Comme leurs employeurs, les dirigeants désormais en charge de la relance opérationnelle de Chemaf disposent d’une expérience dans la conduite d’opérations minières industrielles. Leur exposition directe à l’univers du cuivre et du cobalt reste toutefois plus limitée.

Avant d’être associé au dossier Chemaf, Soorya Prabhakaran dirigeait notamment l’activité minerai de fer de Thriveni dans l’État indien d’Odisha, où il a contribué à doubler la production, passée de 20 à 40 millions de tonnes par an.

De son côté, Subramanian Alagappan totalise près de trois décennies d’expérience dans les mines de charbon, le minerai de fer et les grands projets miniers à ciel ouvert en Inde, en Indonésie, en Chine et au Mozambique. Il dirige également Surya Mines SARL, indirectement contrôlée par le groupe grâce à l’acquisition de 50 % de Nexus Holdco, qui détient 90 % de Surya, selon une communication du groupe datée du 6 janvier 2026.

Actionnaire clé

Premier actif de Lloyds en Afrique, Surya Mines, active dans le Haut-Katanga, détient une usine hydrométallurgique à Kitemina, d’une capacité annuelle annoncée de 30 000 tonnes de cathodes de cuivre et 5 000 tonnes d’hydroxyde de cobalt. Ses opérations ont débuté en mars 2026, selon un document de l’entreprise. Surya mène également des activités d’exploration sur 16 concessions minières dans la région de Likasi.

Au-delà de son rôle opérationnel, Lloyds est aussi un actionnaire de référence de Chemaf. Selon une note produite, le 30 mars dernier, à l’attention des investisseurs, dont Bankable a obtenu copie, le groupe indien contrôle 41 % de Virtus Lloyds Minerals Holding (VLMH), le véhicule qui a acquis 100 % des actifs de Chemaf pour 30 millions de dollars. Virtus Minerals en détient 51 %.

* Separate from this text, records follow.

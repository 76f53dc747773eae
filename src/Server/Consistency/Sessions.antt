-- ===== src/Server/Consistency/Sessions.antt =====
-- The dispatch of a client's line, server/commands.go, as to the indexes.
use net_cat.Base.{Bytes, ltb, ℕ, false, ◌≡◌, refl, Option, none, some, inl, inr, Bool-cases}
use net_cat.Base.Assoc.{lookup}
use net_cat.Cmd.{CommandDef, level, get_privilege_level}
use net_cat.Client.{set_last_input}
use net_cat.Server.{Server, Now, on_client}
use net_cat.Server.Commands.Dispatch.{
  Handler, quit, list, rooms, stats, switch, create, help, name, whisper, kick, ban, mute, unmute,
  announce, promote, demote, run_handler, dispatch_handler, dispatch_def, dispatch_command,
  serve_parsed, serve_line,
}
use net_cat.Server.Index.{index, IsConsistent}
use net_cat.Server.Index.Keep.{on_client-index}
use net_cat.Server.Consistency.{
  kept, still_held, reply-index, handle_chat_message-index, cmd_list-index, cmd_rooms-index,
  cmd_stats-index, cmd_help-index, cmd_whisper-index,
}
use net_cat.Server.Consistency.Travel.{
  cmd_switch-IsConsistent, cmd_create-IsConsistent, cmd_name-IsConsistent,
}
use net_cat.Server.Consistency.Moderate.{cmd_kick-IsConsistent, cmd_ban-IsConsistent}
use net_cat.Server.Consistency.Status.{
  cmd_mute-index, cmd_unmute-index, cmd_announce-index, cmd_promote-index, cmd_demote-index,
}

module _ (now : Now) (c : ℕ) (args : Bytes) (s : Server) (v : IsConsistent (index s))
    (held : lookup (s.heap c).username s.clients ≡ some c) where
  run_handler-IsConsistent : (h : Handler) → IsConsistent (index (run_handler h now c args s).1)
  unfolding run_handler
  run_handler-IsConsistent quit = v
  run_handler-IsConsistent list = kept s _ (cmd_list-index now c s) v
  run_handler-IsConsistent rooms = kept s _ (cmd_rooms-index now c s) v
  run_handler-IsConsistent stats = kept s _ (cmd_stats-index now c s) v
  run_handler-IsConsistent switch = cmd_switch-IsConsistent now c s v held args
  run_handler-IsConsistent create = cmd_create-IsConsistent now c s v held args
  run_handler-IsConsistent help = kept s _ (cmd_help-index now c s) v
  run_handler-IsConsistent name = cmd_name-IsConsistent now c s v held args
  run_handler-IsConsistent whisper = kept s _ (cmd_whisper-index now c args s) v
  run_handler-IsConsistent kick = cmd_kick-IsConsistent now c args s v
  run_handler-IsConsistent ban = cmd_ban-IsConsistent now c args s v
  run_handler-IsConsistent mute = kept s _ (cmd_mute-index now c args s) v
  run_handler-IsConsistent unmute = kept s _ (cmd_unmute-index now c args s) v
  run_handler-IsConsistent announce = kept s _ (cmd_announce-index now c args s) v
  run_handler-IsConsistent promote = kept s _ (cmd_promote-index now c args s) v
  run_handler-IsConsistent demote = kept s _ (cmd_demote-index now c args s) v

  dispatch_handler-IsConsistent :
      (cmd_name : Bytes) (o : Option Handler)
      → IsConsistent (index (dispatch_handler o now c cmd_name args s).1)
  unfolding dispatch_handler
  dispatch_handler-IsConsistent cmd_name none = kept s _ (reply-index now c _ s) v
  dispatch_handler-IsConsistent cmd_name (some h) = run_handler-IsConsistent h

  dispatch_def-IsConsistent :
      (cmd_name : Bytes) (o : Option CommandDef)
      → IsConsistent (index (dispatch_def o now c cmd_name args s).1)
  unfolding dispatch_def
  dispatch_def-IsConsistent cmd_name none = kept s _ (reply-index now c _ s) v
  dispatch_def-IsConsistent cmd_name (some d) =
      elim (Bool-cases
        (ltb (level (get_privilege_level (s.heap c).admin false)) (level d.min_priv))) [
          | inl e ↦ rw (e, dispatch_def) (kept s _ (reply-index now c _ s) v)
          | inr e ↦ rw (e, dispatch_def) (dispatch_handler-IsConsistent cmd_name _)
        ]

  pub dispatch_command-IsConsistent :
      (cmd_name : Bytes) → IsConsistent (index (dispatch_command now c cmd_name args s).1)
  unfolding dispatch_command
  dispatch_command-IsConsistent cmd_name = dispatch_def-IsConsistent cmd_name _

pub set_last_input-index :
    (now : Now) (c : ℕ) (s : Server) → index (on_client c (set_last_input now.instant) s) ≡ index s
set_last_input-index now c s =
    unfold set_last_input in on_client-index c (set_last_input now.instant) s refl refl

serve_parsed-IsConsistent :
    (now : Now) (c : ℕ) (line : Bytes) (s : Server) (o : Option (Bytes × Bytes))
    → IsConsistent (index s)
    → lookup (s.heap c).username s.clients ≡ some c
    → IsConsistent (index (serve_parsed o now c line s).1)
unfolding serve_parsed
serve_parsed-IsConsistent now c line s none v held =
    kept s _ (handle_chat_message-index now c line s) v
serve_parsed-IsConsistent now c line s (some (cmd_name, args)) v held =
    dispatch_command-IsConsistent now c args s v held cmd_name

-- Whatever line a registered client sends, chat or any command, the indexes stay consistent.
pub serve_line-IsConsistent :
    (now : Now) (c : ℕ) (line : Bytes) (s : Server)
    → IsConsistent (index s)
    → lookup (s.heap c).username s.clients ≡ some c
    → IsConsistent (index (serve_line now c line s).1)
unfolding serve_line
serve_line-IsConsistent now c line s v held =
    let same = set_last_input-index now c s in
    serve_parsed-IsConsistent now c line _ _ (kept s _ same v) (still_held c s _ same held)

Même avec la cession annoncée de 10 % des parts à l’État congolais, le poids de Lloyds dans l’actionnariat de Chemaf devrait rester significatif. Le succès de la relance repose donc en grande partie sur le groupe indien. Il devra surmonter plusieurs défis : une dette estimée à près d’un milliard de dollars, une production à relancer, le projet Mutoshi à finaliser, ainsi que d’importantes attentes sociales, avec des arriérés dus à plus de 3 000 employés et sous-traitants.

Pour l’heure, les modalités concrètes de la relance restent peu détaillées. Devant les investisseurs, Lloyds met surtout en avant le potentiel industriel de Chemaf.

Selon le groupe indien, Chemaf dispose aujourd’hui d’une capacité industrielle de 20 000 tonnes par an de cathodes de cuivre et de 4 000 tonnes par an de cobalt, concentrée autour de l’usine d’Étoile. Une fois achevée, le projet Mutoshi est censé ajouter 50 000 tonnes par an de cuivre et 16 000 tonnes par an de cobalt. Au total, les capacités de Chemaf pourraient donc atteindre 70 000 tonnes de cuivre et 20 000 tonnes de cobalt par an, si les projets d’expansion sont finalisés comme prévu.

En intégrant les autres opérations de Lloyds en RDC via Surya Mines, le groupe indien vise une capacité totale d’environ 100 000 tonnes de cuivre et 20 000 tonnes de cobalt par an dans le pays.